Avec Le Mage du Kremlin, Giuliano Da Empoli, politologue et essayiste italien signe un grand roman politique. Inspiré de la figure de Vladislav Sourkov, longtemps conseiller politique de Vladimir Poutine, ce livre est aussi une profonde réflexion sur le pouvoir et l’humanité, sur fond de situation géopolitique explosive.
Par : Janine Vittori
Son histoire, Vadim Baranov, le mage du Kremlin, le Raspoutine de Poutine, la raconte en une nuit au narrateur. Celui-ci a réussi à convaincre une maison d’édition de l’envoyer à Moscou pour travailler sur un auteur des années vingt. Et qui cent ans avant notre époque semble décrire l’inhumanité du monde d’aujourd’hui.
À Moscou, ce narrateur se laisse envoûter par la ville, qui mêle le passé de la Russie et la période stalinienne.
« Dès mon arrivée à Moscou, pourtant, je fus distrait de ma mission par la découverte que cette ville impitoyable était capable de produire des enchantements délicats comme ceux que j’éprouvais chaque jour en m’aventurant dans les ruelles gelées de Petrovka et de l’Arbat. »
Le conseiller de l’ombre de Poutine
Comme tous nos contemporains, le narrateur suit des profils sur des réseaux sociaux. Il est intrigué par celui d’un certain Nicolas Brandeis qui emprunte le nom d’un héros de Joseph Roth. Il reçoit donc une invitation de la part de ce mystérieux personnage. Une Mercedes noire vient le chercher pour le conduire vers une destination inconnue et inquiétante. De fait, il découvre alors que ce Brandeis n’est autre que Vadim Baranov, le conseiller de l’ombre de Poutine maintenant retiré de la politique.

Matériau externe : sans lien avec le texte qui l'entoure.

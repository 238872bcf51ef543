-- ===== src/Seq.antt =====
-- client/src/sync/seqStore.ts: per conversation the highest received and the highest read sequence
-- number, each with the copy that localStorage holds.
pub mod Laws
use dfchat.Common.{
  ℕ, ◌-◌, String, Bool, true, false, Option, none, some, List, [], ltb, if◌then◌else◌, ◌or_else◌,
}
use dfchat.Common.Dict.{Dict, get, put}

abbrev pub SeqMap : Type 0
SeqMap = Dict ℕ

-- What localStorage holds under a key: nothing, the text of a map, or a text that is no map.
pub data Saved : Type 0 where
  absent : Saved
  malformed : Saved
  saved : SeqMap → Saved

-- `quota` says that `setItem` throws.
pub record SeqStore : Type 0 where
  pub last : SeqMap
  pub read : SeqMap
  pub stored_last : Saved
  pub stored_read : Saved
  pub quota : Bool

unfoldable pub load : Saved → SeqMap
load absent = []
load malformed = []
load (saved m) = m

unfoldable pub save : Bool → SeqMap → Saved → Saved
save quota m before = if quota then before else saved m

-- The store as a start of the program creates it.
unfoldable pub start : Bool → Saved → Saved → SeqStore
unfolding load
start quota stored_last stored_read = record {
  last = load stored_last;
  read = load stored_read;
  stored_last = stored_last;
  stored_read = stored_read;
  quota = quota;
}

unfoldable pub bump_last : String → ℕ → SeqStore → SeqStore
unfolding save
bump_last conv_id seq s =
    let current = get conv_id s.last or_else 0 in
    let next_last = put conv_id seq s.last in
    if ltb current seq
    then record s { last = next_last; stored_last = save s.quota next_last s.stored_last }
    else s

unfoldable pub mark_read : String → ℕ → SeqStore → SeqStore
unfolding save
mark_read conv_id seq s =
    let current = get conv_id s.read or_else 0 in
    let next_read = put conv_id seq s.read in
    if ltb current seq
    then record s { read = next_read; stored_read = save s.quota next_read s.stored_read }
    else s

unfoldable pub clear_all : SeqStore → SeqStore
clear_all s = record s { last = []; read = []; stored_last = absent; stored_read = absent }

unfoldable pub unread_of : String → SeqStore → ℕ
unread_of conv_id s =
    let l = get conv_id s.last or_else 0 in let r = get conv_id s.read or_else 0 in l - r
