-- ===== src/Chat.antt =====
-- client/src/store/chatStore.ts: the state of the store, and the three effects that its setters
-- have outside it: the sequence store, the cache in localStorage and the archive of the preload.
pub mod Messages
pub mod Marks
pub mod Frames
pub mod Lists
pub mod Effects
pub mod Cache
pub mod Runs
pub mod Merge
pub mod Authority
pub mod Mirror
pub mod Stored
use dfchat.Common.{
  ℕ, ◌+◌, ◌*◌, String, Bool, true, false, not, Option, none, some, List, [], ◌∷◌, ◌++◌, map, ltb,
  if◌then◌else◌, slice_last,
}
use dfchat.Common.Dict.{Dict, put}
use dfchat.Types.{ChatMessage, Friend, Group, Channel, Pin}
use dfchat.Seq.{SeqStore}
use dfchat.Archive.{ArchivedMessage}

pub data ChatTarget : Type 0 where
  friend : String → ChatTarget
  channel : (group_id channel_id : String) → ChatTarget

pub record PendingJump : Type 0 where
  pub conv_id : String
  pub message_id : String
  pub seq : ℕ

-- `mutedConvs` is a set, kept as the list of its elements; a notification mode is 0, 1 or 2.
pub record ChatState : Type 0 where
  pub friends : List Friend
  pub groups : List Group
  pub channels_by_group : Dict (List Channel)
  pub active_target : Option ChatTarget
  pub messages_by_conv : Dict (List ChatMessage)
  pub pins_by_conv : Dict (List Pin)
  pub peer_last_read_seq : Dict (Dict ℕ)
  pub muted_convs : List String
  pub group_notify_modes : Dict ℕ
  pub mention_by_conv : Dict Bool
  pub pending_jump : Option PendingJump

-- The text under a cache key: an array of messages, another JSON value (or the empty text), or one
-- on which JSON.parse throws.
pub data CachedText : Type 0 where
  messages : List ChatMessage → CachedText
  other : CachedText
  malformed : CachedText

-- A call of window.dfchatArchive.
pub data ArchiveCall : Type 0 where
  append : ArchivedMessage → ArchiveCall
  remove : String → ArchiveCall

-- The store with what its setters reach: the sequence store, localStorage under the cache prefix
-- (keyed by the conversation, with `quota` true if `setItem` throws), whether the preload gives an
-- archive, and the calls sent to it, the latest first.
pub record Client : Type 0 where
  pub chat : ChatState
  pub seqs : SeqStore
  pub cache : Dict CachedText
  pub quota : Bool
  pub has_archive : Bool
  pub archive_calls : List ArchiveCall

abbrev pub msg_cache_limit : ℕ
msg_cache_limit = 50

abbrev pub retention_window_ms : ℕ
retention_window_ms = 30 * 24 * 60 * 60 * 1000

-- `new Date(text).getTime()`, where `none` is NaN; times before 1970 are left out.
abbrev pub ParseDate : Type 0
ParseDate = String → Option ℕ

-- `Date.now() - t > RETENTION_WINDOW_MS`
unfoldable pub is_past_authority_window : ParseDate → ℕ → String → Bool
is_past_authority_window parse_date now created_at = elim (parse_date created_at) [
  | none ↦ false
  | some t ↦ ltb (t + retention_window_ms) now
]

unfoldable pub cache_messages : String → List ChatMessage → Client → Client
cache_messages conv_id msgs c =
    if c.quota
    then c
    else record c { cache = put conv_id (messages (slice_last msg_cache_limit msgs)) c.cache }

unfoldable pub to_archived : ChatMessage → ArchivedMessage
to_archived msg = record {
  id = msg.id;
  conversation_id = msg.conversation_id;
  sender_id = msg.sender_id;
  type = msg.type;
  content = msg.content;
  seq = msg.seq;
  mentions = msg.mentions;
  reply_to = msg.reply_to;
  is_recalled = msg.is_recalled;
  edited_at = msg.edited_at;
  edit_count = msg.edit_count;
  created_at = msg.created_at;
}

unfoldable pub archive_append : ChatMessage → Client → Client
archive_append msg c =
    if c.has_archive
    then record c { archive_calls = append (to_archived msg) ∷ c.archive_calls }
    else c

unfoldable pub archive_remove : String → Client → Client
archive_remove message_id c =
    if c.has_archive then record c { archive_calls = remove message_id ∷ c.archive_calls } else c

-- `messagesByConv: { ...s.messagesByConv, [convId]: msgs }`
unfoldable pub set_conv : String → List ChatMessage → Client → Client
set_conv conv_id msgs c = record c {
  chat = record c.chat { messages_by_conv = put conv_id msgs c.chat.messages_by_conv };
}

Derrière ce personnage de fiction qu’est Baranov, il ne faut guère de temps pour reconnaître Vladislav Sourkov, qui fut, jusqu’en 2011, le conseiller réel de Poutine et le grand théoricien de « la verticale du pouvoir » et de « la démocratie souveraine ».
Baranov, l’ardent héros de ce roman, est fidèle au modèle qui l’a inspiré. Giuliano da Empoli retrace sa carrière dans l’audiovisuel et sa fulgurante ascension politique. Il lui invente cependant, une famille flamboyante bien éloignée de celle, à vrai dire, plutôt terne, de Sourkov.
« Mon grand-père était un formidable chasseur. »
C’est ainsi que s’ouvre le chapitre trois dans lequel Baranov raconte au narrateur la vie de son grand-père. Ce personnage plein de panache, cet aristocrate d’un autre temps, ce rebelle à l’autorité, cet amateur de livres qui a sauvé sa bibliothèque de la censure stalinnienne, est l’être qui a le plus compté pour Baranov. Et celui qui fera de lui ce poète égaré pendant vingt ans dans la politique.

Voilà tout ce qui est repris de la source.